--- Brief ---
Your job with the data below: print everything from the line that holds "-- of them, and" down to the line that holds "run_refines (r ∷", ends included, exactly, and nothing else.

--- Data extracts ---
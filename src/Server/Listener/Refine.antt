-- ===== src/Server/Listener/Refine.antt =====
-- `handleConnection` against the framing protocol.
use distributed_logger.Base.{
  ℕ, ◌≤◌, ◌≡◌, refl, sym, ap, ◌∙◌, subst, inl, inr, true, false, List, [], ◌∷◌, ◌++◌, append-nil,
  arith, Bool-cases, length,
}
use distributed_logger.Server.Listener.{Read, Conn, Round, step, run, room}
use distributed_logger.Server.Listener.Bytes.{
  closed, feed_all, feed_more, feed_all-append, feed_all-closed,
}
use distributed_logger.Server.Listener.Steps.{
  got_bytes, view, IsOpen, round_view, Agrees, step_refines,
}

-- Reads without an error, each of which fits the slice that it is given.
abbrev pub AllFit : List Read → Conn → Type 0
AllFit [] c = Unit {0}
AllFit (r ∷ rs) c = (r.failed ≡ false) × (length r.bytes ≤ room c) × AllFit rs (step r c).conn

-- The bytes of the reads, one behind the other.
abbrev pub bytes_of : List Read → List ℕ
bytes_of [] = []
bytes_of (r ∷ rs) = r.bytes ++ bytes_of rs

round-open : (s : Round) → s.goes_on ≡ true → round_view s ≡ view s.conn
round-open s g = rw g

round-closed : (s : Round) → s.goes_on ≡ false → round_view s ≡ closed
round-closed s g = rw g

feed_more-closed : (ys : List ℕ) (out : List (List ℕ)) → (closed, out) ≡ feed_more ys (closed, out)
feed_more-closed ys out = rw (feed_all-closed ys, append-nil out)

pub run-cons_open :
    (r : Read) (rs : List Read) (c : Conn)
    → (step r c).goes_on ≡ true
    → run (r ∷ rs) c ≡ record (run rs (step r c).conn) {
      enqueued = (step r c).enqueued ++ (run rs (step r c).conn).enqueued;
    }
unfolding run
run-cons_open r rs c g = ground arith

pub run-cons_closed :
    (r : Read) (rs : List Read) (c : Conn) → (step r c).goes_on ≡ false → run (r ∷ rs) c ≡ step r c
unfolding run
run-cons_closed r rs c g = ground arith

-- From any open state of the loop, however a connection cuts its bytes into reads without an error
-- that fit the slices offered, the loop hands on the packets that the framing protocol finds in all
-- of them, and stays open exactly while the protocol does.
pub run_refines :
    (rs : List Read) (c : Conn)
    → IsOpen c
    → AllFit rs c
    → Agrees (run rs c) (feed_all (bytes_of rs) (view c))
run_refines [] c o f = unfold run feed_all in (refl, λ _. o)
run_refines (r ∷ rs) c o f =
    rw (feed_all-append r.bytes (bytes_of rs) (view c), ← now.0)
      (elim (Bool-cases s.goes_on) [
        | inl g ↦
            let later = run_refines rs s.conn (now.1 g) f.2 in
            rw (run-cons_open r rs c g) (
              ap (λ out. (out.0, s.enqueued ++ out.1)) later.0
                  ∙ ap (λ p. feed_more (bytes_of rs) (p, s.enqueued)) (sym (round-open s g)),
              later.1,
            )
        | inr g ↦ rw (run-cons_closed r rs c g) (
          ap (λ p. (p, s.enqueued)) (round-closed s g)
              ∙ (feed_more-closed (bytes_of rs) s.enqueued
                  ∙ ap (λ p. feed_more (bytes_of rs) (p, s.enqueued)) (sym (round-closed s g))),
          now.1,
        )
      ])
  where
    s : Round
    s = step r c

    r_eq : r ≡ got_bytes r.bytes
    r_eq = ground (arith, f.0)

    now : Agrees s (feed_all r.bytes (view c))
    now =
        subst (λ r'. Agrees (step r' c) (feed_all r.bytes (view c))) (sym r_eq)
          (step_refines r.bytes c o f.1)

--- Answer space ---
-- of them, and stays open exactly while the protocol does.
pub run_refines :
    (rs : List Read) (c : Conn)
    → IsOpen c
    → AllFit rs c
    → Agrees (run rs c) (feed_all (bytes_of rs) (view c))
run_refines [] c o f = unfold run feed_all in (refl, λ _. o)
run_refines (r ∷ rs) c o f =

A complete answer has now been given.